Exercise goal ->
Please repeat the records exactly from their first line, finishing at the line containing "-- and no signal" and including it.

Saved entries:
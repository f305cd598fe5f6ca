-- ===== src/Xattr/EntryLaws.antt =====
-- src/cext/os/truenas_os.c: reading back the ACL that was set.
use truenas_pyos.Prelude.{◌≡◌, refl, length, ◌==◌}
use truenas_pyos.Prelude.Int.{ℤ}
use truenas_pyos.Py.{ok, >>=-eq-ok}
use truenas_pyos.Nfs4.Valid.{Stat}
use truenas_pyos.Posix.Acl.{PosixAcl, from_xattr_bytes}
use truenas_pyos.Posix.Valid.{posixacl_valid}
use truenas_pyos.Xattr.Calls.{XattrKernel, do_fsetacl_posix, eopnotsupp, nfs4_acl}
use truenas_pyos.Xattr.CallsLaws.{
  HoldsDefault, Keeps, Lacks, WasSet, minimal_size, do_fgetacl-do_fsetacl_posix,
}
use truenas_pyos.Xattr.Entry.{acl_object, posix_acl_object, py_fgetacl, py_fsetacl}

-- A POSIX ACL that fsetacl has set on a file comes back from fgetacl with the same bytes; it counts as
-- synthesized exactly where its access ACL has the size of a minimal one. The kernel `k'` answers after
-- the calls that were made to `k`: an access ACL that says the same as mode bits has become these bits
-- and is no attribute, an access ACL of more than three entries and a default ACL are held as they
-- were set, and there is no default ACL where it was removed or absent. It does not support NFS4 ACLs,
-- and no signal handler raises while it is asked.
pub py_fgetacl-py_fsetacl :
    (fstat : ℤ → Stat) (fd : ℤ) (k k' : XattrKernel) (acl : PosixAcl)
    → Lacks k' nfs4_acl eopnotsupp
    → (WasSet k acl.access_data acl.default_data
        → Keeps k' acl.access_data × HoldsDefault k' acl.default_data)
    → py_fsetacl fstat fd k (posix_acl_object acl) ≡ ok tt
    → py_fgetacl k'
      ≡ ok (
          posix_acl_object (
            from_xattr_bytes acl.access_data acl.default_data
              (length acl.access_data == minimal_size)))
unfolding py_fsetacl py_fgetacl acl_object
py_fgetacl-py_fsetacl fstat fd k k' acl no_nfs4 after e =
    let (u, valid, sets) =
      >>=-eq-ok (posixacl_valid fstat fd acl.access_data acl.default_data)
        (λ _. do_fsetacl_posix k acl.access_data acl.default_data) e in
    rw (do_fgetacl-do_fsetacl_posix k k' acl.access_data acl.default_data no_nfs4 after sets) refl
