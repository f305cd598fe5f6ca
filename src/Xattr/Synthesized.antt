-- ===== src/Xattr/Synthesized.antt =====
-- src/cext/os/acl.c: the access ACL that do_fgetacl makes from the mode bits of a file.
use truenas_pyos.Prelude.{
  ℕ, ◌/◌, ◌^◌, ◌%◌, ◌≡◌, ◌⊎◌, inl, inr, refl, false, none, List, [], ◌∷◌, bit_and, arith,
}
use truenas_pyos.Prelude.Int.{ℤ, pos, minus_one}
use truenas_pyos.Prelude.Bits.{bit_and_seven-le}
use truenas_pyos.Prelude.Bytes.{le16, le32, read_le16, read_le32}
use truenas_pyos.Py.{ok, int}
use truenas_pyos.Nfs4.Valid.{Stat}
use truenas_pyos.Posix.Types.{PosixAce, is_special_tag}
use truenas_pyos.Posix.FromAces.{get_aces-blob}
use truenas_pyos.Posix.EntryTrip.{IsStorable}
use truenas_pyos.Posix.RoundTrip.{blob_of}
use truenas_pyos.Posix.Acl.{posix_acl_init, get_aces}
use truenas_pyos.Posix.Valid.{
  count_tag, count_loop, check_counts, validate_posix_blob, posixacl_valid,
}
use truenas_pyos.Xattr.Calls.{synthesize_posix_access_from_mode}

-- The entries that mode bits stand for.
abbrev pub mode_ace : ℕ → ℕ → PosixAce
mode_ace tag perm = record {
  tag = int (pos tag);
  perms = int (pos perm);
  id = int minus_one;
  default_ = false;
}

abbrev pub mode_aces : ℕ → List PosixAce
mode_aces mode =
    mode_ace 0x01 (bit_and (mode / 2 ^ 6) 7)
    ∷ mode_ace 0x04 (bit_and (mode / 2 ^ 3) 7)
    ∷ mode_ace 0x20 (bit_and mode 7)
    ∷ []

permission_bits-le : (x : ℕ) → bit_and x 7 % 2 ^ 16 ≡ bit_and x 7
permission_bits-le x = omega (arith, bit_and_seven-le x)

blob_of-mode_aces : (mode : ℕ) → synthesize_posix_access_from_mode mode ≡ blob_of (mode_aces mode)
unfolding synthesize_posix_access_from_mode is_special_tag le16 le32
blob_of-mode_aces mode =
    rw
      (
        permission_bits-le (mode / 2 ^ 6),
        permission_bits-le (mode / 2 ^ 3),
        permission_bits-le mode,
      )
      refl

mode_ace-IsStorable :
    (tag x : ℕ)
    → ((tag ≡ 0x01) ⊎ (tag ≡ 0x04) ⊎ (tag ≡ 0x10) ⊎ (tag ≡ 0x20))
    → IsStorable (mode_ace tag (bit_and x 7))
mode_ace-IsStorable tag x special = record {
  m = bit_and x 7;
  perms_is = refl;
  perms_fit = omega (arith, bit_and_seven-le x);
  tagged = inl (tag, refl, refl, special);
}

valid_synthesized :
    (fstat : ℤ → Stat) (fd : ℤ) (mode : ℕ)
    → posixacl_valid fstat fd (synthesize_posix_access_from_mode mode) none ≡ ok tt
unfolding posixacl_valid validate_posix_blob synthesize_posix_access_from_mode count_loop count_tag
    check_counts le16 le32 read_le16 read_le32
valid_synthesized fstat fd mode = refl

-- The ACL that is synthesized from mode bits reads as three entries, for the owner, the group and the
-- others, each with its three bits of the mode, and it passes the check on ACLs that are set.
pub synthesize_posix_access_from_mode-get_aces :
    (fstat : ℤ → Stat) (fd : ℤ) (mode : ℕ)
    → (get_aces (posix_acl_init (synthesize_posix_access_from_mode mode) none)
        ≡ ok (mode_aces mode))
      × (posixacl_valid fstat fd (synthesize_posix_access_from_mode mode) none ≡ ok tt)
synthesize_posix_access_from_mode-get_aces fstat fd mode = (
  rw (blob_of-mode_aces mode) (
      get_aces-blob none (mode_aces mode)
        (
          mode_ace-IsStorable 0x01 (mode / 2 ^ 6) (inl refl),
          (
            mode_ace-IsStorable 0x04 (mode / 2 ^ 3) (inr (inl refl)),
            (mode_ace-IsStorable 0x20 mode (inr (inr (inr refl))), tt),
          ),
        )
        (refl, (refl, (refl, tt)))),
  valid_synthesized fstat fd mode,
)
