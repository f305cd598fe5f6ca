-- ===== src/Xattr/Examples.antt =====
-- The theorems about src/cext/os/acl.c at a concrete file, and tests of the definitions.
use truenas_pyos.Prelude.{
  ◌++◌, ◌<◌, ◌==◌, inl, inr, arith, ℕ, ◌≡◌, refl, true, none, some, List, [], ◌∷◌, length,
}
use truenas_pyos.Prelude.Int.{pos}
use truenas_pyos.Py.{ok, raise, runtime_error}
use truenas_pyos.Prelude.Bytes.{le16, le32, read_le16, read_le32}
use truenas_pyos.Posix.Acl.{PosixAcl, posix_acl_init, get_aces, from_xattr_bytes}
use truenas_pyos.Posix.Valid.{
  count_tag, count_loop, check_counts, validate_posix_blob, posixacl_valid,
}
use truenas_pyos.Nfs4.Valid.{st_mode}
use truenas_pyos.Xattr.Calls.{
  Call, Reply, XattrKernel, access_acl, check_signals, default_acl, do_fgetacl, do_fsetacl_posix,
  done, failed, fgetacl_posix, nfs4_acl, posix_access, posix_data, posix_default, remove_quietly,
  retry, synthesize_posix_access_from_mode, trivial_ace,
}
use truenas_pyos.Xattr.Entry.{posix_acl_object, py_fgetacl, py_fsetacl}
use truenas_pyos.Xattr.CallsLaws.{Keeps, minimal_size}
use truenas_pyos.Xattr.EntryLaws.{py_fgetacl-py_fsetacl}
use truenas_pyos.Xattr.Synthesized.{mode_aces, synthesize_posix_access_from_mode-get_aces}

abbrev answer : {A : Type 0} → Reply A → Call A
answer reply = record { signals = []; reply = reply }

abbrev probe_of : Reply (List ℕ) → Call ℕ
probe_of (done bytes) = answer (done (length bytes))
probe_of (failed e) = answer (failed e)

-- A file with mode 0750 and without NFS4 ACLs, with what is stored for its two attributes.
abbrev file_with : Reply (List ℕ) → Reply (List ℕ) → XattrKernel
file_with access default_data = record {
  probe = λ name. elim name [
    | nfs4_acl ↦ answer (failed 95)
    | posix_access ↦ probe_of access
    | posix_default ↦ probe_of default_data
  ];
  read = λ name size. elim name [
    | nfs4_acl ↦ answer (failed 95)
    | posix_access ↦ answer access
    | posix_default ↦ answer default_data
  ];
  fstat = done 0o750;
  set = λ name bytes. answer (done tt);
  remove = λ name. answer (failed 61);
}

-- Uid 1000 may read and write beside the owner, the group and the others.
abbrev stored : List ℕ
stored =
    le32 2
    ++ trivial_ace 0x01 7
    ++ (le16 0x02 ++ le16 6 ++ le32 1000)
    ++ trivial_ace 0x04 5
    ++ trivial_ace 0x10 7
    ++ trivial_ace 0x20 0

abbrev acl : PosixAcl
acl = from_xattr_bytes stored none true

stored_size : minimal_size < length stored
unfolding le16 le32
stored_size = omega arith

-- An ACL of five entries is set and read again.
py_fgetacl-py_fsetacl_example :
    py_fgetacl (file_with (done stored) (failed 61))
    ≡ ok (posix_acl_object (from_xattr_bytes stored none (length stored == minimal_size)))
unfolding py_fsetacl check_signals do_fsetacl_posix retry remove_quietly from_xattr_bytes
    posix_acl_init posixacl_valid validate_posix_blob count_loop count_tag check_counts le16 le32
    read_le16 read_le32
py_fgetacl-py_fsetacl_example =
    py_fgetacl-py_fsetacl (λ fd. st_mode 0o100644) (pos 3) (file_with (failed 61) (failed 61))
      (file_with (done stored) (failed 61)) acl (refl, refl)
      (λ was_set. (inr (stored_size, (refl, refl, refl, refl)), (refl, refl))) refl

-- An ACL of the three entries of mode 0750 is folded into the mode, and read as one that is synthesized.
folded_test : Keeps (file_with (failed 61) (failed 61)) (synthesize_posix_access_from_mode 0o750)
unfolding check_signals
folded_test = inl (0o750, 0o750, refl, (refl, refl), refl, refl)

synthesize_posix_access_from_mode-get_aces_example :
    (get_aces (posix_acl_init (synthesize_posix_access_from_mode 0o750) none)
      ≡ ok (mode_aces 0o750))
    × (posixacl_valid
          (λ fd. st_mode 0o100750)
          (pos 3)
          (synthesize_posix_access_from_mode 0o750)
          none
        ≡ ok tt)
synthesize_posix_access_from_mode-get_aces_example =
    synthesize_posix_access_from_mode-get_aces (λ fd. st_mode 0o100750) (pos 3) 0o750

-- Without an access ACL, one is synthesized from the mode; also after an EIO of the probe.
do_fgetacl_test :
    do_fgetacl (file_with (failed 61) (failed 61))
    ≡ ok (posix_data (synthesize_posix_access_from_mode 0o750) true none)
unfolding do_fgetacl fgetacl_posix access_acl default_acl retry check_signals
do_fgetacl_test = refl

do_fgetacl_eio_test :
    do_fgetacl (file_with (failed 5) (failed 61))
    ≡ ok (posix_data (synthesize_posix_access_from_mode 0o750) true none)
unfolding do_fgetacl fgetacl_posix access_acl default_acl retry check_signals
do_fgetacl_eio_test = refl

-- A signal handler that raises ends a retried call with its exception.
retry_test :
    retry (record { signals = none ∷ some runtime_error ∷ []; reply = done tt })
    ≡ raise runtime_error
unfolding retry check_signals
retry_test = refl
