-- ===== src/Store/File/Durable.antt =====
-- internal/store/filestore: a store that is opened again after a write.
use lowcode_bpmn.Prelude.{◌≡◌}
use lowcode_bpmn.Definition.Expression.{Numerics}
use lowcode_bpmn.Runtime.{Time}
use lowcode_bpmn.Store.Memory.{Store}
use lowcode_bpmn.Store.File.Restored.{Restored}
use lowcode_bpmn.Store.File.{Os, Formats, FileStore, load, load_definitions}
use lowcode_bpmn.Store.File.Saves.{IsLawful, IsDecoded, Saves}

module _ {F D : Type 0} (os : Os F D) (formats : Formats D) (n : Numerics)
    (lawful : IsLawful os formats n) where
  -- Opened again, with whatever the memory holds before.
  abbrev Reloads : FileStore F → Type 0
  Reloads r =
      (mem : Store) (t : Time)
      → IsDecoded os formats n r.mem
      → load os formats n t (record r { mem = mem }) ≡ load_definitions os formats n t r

Exercise answer ->
repository f305cd598fe5f6ca
-- ===== src/Xattr/EntryLaws.antt =====
-- src/cext/os/truenas_os.c: reading back the ACL that was set.
use truenas_pyos.Prelude.{◌≡◌, refl, length, ◌==◌}
use truenas_pyos.Prelude.Int.{ℤ}
use truenas_pyos.Py.{ok, >>=-eq-ok}
use truenas_pyos.Nfs4.Valid.{Stat}
use truenas_pyos.Posix.Acl.{PosixAcl, from_xattr_bytes}
use truenas_pyos.Posix.Valid.{posixacl_valid}
use truenas_pyos.Xattr.Calls.{XattrKernel, do_fsetacl_posix, eopnotsupp, nfs4_acl}
use truenas_pyos.Xattr.CallsLaws.{
  HoldsDefault, Keeps, Lacks, WasSet, minimal_size, do_fgetacl-do_fsetacl_posix,
}
use truenas_pyos.Xattr.Entry.{acl_object, posix_acl_object, py_fgetacl, py_fsetacl}

-- A POSIX ACL that fsetacl has set on a file comes back from fgetacl with the same bytes; it counts as
-- synthesized exactly where its access ACL has the size of a minimal one. The kernel `k'` answers after
-- the calls that were made to `k`: an access ACL that says the same as mode bits has become these bits
-- and is no attribute, an access ACL of more than three entries and a default ACL are held as they
-- were set, and there is no default ACL where it was removed or absent. It does not support NFS4 ACLs,
-- and no signal handler raises while it is asked.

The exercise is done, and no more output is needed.